Task statement
Show every line below where "answer" can be found.

[Collected data entries]
☆ ☆ ☆ ☆ ☆

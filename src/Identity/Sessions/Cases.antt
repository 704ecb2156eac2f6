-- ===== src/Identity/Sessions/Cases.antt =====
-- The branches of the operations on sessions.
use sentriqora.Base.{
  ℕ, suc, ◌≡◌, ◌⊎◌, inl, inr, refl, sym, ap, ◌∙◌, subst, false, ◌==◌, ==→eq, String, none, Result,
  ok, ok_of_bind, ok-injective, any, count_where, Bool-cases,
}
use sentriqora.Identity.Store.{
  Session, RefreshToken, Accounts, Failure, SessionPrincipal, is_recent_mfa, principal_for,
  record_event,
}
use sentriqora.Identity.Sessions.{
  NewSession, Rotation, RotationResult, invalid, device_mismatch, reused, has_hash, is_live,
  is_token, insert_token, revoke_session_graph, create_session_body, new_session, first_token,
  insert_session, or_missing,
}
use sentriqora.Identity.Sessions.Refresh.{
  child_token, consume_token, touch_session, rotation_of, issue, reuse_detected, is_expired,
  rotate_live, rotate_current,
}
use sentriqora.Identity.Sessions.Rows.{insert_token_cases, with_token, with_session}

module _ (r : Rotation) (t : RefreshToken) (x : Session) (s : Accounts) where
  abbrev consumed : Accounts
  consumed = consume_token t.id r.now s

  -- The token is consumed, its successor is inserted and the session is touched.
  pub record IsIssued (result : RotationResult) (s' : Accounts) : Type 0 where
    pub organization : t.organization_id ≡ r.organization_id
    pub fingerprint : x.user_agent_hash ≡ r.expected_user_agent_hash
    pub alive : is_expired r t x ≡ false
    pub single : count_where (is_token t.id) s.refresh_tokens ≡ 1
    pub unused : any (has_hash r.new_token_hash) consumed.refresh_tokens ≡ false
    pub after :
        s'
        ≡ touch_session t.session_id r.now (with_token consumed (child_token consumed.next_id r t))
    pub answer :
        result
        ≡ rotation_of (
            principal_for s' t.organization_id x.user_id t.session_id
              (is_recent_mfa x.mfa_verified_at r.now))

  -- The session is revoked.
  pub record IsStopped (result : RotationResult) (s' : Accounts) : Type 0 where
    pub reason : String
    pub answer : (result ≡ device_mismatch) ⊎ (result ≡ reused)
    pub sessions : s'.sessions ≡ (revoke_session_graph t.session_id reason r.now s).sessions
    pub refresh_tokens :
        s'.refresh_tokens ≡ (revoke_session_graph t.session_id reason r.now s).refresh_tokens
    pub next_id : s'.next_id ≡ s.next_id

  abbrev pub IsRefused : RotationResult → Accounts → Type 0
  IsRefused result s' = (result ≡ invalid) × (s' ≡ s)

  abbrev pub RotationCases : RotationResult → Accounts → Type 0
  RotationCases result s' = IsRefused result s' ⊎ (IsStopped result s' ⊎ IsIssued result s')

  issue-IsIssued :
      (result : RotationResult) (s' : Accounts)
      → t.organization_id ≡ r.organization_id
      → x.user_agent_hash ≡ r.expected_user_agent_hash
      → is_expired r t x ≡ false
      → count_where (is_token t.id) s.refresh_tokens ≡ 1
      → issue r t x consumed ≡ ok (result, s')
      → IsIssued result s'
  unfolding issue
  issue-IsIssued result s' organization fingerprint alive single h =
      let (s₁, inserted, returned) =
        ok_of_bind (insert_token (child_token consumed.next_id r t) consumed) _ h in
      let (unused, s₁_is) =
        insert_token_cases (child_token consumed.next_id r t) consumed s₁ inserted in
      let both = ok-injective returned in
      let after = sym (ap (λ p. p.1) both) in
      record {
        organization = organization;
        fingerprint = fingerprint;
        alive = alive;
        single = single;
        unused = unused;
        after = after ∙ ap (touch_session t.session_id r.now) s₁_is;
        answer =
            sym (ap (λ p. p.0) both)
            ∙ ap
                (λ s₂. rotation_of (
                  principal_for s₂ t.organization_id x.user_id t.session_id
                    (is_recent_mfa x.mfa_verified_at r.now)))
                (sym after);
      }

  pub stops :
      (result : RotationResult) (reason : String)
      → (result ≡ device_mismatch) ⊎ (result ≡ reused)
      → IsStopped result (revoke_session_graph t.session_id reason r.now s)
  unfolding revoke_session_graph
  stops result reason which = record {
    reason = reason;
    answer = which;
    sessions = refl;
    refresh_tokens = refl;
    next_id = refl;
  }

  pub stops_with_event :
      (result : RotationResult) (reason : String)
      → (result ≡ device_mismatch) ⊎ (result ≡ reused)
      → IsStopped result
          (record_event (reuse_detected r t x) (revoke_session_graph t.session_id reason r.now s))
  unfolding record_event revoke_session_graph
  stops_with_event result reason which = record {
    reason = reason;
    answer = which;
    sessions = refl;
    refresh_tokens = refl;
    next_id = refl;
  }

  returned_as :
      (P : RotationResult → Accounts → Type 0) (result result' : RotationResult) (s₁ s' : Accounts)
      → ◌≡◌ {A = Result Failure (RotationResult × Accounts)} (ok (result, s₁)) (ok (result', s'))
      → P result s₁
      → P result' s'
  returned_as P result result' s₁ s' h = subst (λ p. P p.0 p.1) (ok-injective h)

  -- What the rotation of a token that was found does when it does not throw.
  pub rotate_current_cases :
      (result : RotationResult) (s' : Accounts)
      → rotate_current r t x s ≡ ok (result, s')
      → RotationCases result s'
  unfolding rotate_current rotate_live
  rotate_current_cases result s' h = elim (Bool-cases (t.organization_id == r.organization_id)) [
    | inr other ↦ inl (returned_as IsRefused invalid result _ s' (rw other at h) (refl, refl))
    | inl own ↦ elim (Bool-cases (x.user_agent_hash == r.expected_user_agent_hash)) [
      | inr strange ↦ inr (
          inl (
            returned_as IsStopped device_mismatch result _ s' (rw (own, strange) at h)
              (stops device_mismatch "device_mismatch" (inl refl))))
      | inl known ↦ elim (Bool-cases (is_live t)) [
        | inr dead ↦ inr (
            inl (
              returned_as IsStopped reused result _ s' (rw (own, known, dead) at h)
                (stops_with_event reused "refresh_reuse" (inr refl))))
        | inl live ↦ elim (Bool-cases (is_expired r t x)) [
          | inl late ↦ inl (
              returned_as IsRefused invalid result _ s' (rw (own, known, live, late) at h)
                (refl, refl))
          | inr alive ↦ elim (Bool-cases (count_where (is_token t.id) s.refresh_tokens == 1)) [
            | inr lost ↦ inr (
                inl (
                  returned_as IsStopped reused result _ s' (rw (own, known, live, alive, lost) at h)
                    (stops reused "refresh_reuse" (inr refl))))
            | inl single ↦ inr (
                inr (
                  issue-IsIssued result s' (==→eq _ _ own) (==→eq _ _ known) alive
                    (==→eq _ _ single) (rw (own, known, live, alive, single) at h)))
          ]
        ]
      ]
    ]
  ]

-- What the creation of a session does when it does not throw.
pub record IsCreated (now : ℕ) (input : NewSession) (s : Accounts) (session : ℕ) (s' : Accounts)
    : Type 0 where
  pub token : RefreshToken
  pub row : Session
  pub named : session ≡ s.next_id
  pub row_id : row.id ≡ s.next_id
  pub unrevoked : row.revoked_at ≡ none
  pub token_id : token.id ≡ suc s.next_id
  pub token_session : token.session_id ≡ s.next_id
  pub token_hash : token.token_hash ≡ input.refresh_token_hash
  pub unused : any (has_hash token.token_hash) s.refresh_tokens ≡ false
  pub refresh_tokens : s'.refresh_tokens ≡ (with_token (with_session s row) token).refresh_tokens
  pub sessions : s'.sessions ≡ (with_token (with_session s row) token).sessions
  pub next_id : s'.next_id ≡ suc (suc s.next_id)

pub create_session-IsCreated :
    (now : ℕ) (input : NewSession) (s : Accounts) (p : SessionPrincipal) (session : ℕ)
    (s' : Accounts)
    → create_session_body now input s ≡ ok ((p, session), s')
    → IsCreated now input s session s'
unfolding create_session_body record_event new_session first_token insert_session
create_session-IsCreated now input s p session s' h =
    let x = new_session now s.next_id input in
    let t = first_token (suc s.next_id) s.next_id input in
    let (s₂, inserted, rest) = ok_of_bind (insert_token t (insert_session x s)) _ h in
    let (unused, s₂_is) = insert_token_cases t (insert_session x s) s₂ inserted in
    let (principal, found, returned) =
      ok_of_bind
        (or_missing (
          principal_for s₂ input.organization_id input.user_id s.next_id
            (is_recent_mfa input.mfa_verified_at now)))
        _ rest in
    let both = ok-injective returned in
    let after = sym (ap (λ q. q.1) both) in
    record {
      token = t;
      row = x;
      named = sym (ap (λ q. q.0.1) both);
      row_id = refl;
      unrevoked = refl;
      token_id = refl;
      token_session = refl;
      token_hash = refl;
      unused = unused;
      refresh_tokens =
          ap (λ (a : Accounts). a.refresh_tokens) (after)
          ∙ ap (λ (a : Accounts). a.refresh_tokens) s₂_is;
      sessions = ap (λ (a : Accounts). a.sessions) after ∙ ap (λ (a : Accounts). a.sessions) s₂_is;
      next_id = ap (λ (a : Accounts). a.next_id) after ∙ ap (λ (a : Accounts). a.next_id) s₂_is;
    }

☆ ☆ ☆ ☆ ☆

Response to this exercise
    pub answer :
    pub answer : (result ≡ device_mismatch) ⊎ (result ≡ reused)
        answer =
    answer = which;
    answer = which;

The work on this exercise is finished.